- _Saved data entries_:
============================================================

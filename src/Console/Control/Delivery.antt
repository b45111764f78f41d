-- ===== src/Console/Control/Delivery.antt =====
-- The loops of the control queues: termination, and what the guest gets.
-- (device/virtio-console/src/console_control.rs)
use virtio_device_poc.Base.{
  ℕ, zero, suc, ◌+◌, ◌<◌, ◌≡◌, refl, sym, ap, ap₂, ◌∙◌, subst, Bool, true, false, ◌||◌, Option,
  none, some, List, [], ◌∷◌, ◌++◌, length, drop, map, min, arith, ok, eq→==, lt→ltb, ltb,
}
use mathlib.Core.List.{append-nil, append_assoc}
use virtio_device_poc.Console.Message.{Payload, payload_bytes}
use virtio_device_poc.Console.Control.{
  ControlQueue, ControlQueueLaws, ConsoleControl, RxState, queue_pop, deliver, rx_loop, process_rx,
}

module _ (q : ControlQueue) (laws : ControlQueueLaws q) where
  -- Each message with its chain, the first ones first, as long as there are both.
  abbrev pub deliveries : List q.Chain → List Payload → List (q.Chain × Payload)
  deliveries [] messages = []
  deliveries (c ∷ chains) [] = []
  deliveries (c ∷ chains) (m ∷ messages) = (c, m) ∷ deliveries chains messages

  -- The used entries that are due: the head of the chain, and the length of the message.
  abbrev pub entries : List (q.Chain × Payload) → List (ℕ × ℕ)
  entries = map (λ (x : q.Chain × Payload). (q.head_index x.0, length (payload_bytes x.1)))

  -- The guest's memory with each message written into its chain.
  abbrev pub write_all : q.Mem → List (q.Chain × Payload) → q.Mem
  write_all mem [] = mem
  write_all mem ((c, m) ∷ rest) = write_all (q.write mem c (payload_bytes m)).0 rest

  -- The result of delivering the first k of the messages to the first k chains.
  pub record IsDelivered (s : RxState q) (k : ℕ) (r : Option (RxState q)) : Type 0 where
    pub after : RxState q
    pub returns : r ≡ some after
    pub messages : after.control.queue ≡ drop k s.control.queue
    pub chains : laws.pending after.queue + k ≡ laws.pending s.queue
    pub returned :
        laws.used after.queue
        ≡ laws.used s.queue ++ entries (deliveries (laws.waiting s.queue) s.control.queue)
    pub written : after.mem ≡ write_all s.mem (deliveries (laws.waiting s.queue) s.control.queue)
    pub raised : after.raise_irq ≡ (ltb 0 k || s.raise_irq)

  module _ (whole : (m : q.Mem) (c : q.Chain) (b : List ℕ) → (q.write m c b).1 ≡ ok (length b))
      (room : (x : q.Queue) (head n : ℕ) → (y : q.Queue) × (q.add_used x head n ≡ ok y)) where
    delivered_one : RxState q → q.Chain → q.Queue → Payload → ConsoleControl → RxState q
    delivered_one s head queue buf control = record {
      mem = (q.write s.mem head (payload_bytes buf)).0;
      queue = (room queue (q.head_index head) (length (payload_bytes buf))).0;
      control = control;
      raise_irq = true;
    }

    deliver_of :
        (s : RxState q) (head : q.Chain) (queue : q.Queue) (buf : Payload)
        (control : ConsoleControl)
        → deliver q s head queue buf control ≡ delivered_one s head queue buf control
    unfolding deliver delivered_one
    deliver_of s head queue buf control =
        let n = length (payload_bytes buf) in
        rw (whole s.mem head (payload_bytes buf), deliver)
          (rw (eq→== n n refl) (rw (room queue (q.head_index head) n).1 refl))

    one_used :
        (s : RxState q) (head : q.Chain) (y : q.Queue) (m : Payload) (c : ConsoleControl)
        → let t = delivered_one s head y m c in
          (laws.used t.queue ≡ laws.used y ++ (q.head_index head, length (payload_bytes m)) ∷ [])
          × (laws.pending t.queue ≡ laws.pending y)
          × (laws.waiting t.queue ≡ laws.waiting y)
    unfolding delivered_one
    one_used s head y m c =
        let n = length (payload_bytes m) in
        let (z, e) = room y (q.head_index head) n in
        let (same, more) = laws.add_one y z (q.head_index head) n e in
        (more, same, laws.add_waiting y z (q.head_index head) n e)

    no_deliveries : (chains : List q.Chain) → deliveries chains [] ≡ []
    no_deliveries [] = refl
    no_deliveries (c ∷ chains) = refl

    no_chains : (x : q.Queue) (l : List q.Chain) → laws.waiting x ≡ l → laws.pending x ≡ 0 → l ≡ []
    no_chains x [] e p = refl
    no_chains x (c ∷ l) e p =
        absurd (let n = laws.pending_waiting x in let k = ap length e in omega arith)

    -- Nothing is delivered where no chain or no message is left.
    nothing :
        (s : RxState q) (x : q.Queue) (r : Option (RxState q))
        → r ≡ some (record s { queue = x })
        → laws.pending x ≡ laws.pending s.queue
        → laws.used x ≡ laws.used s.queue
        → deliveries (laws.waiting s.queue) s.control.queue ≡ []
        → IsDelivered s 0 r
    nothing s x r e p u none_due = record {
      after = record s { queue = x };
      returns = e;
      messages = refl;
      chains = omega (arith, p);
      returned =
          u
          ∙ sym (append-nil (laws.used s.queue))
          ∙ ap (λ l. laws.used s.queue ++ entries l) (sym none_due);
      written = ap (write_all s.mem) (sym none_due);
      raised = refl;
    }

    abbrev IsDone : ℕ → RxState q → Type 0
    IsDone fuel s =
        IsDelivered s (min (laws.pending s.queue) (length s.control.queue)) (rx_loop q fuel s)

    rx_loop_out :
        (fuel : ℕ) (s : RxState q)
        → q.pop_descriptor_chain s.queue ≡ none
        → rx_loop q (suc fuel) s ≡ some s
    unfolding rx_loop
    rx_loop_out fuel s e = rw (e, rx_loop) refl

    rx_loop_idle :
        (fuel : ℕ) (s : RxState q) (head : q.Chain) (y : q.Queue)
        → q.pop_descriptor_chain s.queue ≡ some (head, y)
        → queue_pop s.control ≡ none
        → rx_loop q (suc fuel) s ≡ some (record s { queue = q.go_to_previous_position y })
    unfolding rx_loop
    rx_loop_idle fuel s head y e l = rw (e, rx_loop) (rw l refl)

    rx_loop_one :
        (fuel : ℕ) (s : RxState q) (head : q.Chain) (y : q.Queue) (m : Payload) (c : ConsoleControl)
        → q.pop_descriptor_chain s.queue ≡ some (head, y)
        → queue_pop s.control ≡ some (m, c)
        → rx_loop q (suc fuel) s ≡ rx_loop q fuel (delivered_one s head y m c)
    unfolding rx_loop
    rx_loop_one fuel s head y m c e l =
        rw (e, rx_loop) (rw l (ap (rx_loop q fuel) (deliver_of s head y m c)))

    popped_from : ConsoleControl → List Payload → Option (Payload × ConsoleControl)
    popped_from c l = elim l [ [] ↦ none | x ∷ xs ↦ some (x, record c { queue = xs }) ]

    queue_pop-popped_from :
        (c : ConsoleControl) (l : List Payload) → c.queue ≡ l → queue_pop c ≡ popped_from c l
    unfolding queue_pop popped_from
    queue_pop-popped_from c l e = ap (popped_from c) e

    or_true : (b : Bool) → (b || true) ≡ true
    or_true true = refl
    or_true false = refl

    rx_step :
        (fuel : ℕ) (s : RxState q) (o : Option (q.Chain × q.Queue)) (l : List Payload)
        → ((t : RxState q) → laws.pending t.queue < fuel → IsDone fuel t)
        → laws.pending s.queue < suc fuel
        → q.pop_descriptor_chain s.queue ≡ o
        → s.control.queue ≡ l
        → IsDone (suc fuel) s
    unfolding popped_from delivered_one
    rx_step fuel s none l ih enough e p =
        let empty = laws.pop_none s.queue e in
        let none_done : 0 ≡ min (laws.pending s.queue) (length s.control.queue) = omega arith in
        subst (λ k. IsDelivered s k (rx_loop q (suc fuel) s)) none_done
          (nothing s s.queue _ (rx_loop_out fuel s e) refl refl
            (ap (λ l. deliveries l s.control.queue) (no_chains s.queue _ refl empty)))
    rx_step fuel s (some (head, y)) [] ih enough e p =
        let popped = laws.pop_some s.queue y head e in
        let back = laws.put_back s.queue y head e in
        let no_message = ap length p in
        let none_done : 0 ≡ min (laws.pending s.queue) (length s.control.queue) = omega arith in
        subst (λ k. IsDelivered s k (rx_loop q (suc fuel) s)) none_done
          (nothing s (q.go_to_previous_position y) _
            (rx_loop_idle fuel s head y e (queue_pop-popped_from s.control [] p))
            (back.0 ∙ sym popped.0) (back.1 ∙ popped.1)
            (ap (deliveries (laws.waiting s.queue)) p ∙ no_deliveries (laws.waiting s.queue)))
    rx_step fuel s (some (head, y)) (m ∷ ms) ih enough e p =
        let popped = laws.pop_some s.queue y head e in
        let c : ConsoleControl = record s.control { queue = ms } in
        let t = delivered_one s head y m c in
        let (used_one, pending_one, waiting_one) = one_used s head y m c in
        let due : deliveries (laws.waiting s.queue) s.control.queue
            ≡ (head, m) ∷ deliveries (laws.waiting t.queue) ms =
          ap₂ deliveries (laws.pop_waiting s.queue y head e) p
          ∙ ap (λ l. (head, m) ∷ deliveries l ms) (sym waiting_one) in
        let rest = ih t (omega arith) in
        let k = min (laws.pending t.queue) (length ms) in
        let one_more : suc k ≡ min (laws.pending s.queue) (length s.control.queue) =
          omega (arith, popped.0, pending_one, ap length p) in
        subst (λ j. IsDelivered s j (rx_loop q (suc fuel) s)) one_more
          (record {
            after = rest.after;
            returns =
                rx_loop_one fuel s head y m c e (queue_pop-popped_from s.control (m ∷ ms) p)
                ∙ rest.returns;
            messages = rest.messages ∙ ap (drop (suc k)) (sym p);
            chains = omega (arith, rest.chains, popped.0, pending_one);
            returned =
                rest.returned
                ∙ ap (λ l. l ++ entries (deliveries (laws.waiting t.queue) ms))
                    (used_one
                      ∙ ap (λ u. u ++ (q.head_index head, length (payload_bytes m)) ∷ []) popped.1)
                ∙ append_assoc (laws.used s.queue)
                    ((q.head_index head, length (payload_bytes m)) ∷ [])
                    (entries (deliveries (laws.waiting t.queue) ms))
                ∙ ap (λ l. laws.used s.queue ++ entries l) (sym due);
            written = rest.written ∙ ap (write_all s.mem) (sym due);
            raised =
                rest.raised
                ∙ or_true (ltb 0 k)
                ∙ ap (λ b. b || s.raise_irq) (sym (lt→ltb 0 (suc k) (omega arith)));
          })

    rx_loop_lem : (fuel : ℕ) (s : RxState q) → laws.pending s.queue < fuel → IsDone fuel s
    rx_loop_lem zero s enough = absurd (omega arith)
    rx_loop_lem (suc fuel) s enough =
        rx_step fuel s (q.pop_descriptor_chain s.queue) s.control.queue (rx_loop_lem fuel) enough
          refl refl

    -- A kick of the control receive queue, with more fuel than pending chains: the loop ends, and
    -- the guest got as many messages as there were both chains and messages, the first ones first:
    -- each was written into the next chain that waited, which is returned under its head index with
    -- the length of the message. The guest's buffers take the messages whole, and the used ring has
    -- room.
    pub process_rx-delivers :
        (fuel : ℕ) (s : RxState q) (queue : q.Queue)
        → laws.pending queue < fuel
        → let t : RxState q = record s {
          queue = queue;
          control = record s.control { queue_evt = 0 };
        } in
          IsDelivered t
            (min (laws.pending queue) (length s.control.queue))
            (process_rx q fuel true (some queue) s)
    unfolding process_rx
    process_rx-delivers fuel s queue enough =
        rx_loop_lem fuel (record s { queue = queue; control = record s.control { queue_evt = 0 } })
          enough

============================================================

- _Exercise instructions_:
Beginning with the line above that contains "rw (e, rx_loop) (rw l (ap", copy each line exactly up to and including the line that contains "s.queue < suc fuel", and go no further.

- _Output_:
        rw (e, rx_loop) (rw l (ap (rx_loop q fuel) (deliver_of s head y m c)))

    popped_from : ConsoleControl → List Payload → Option (Payload × ConsoleControl)
    popped_from c l = elim l [ [] ↦ none | x ∷ xs ↦ some (x, record c { queue = xs }) ]

    queue_pop-popped_from :
        (c : ConsoleControl) (l : List Payload) → c.queue ≡ l → queue_pop c ≡ popped_from c l
    unfolding queue_pop popped_from
    queue_pop-popped_from c l e = ap (popped_from c) e

    or_true : (b : Bool) → (b || true) ≡ true
    or_true true = refl
    or_true false = refl

    rx_step :
        (fuel : ℕ) (s : RxState q) (o : Option (q.Chain × q.Queue)) (l : List Payload)
        → ((t : RxState q) → laws.pending t.queue < fuel → IsDone fuel t)
        → laws.pending s.queue < suc fuel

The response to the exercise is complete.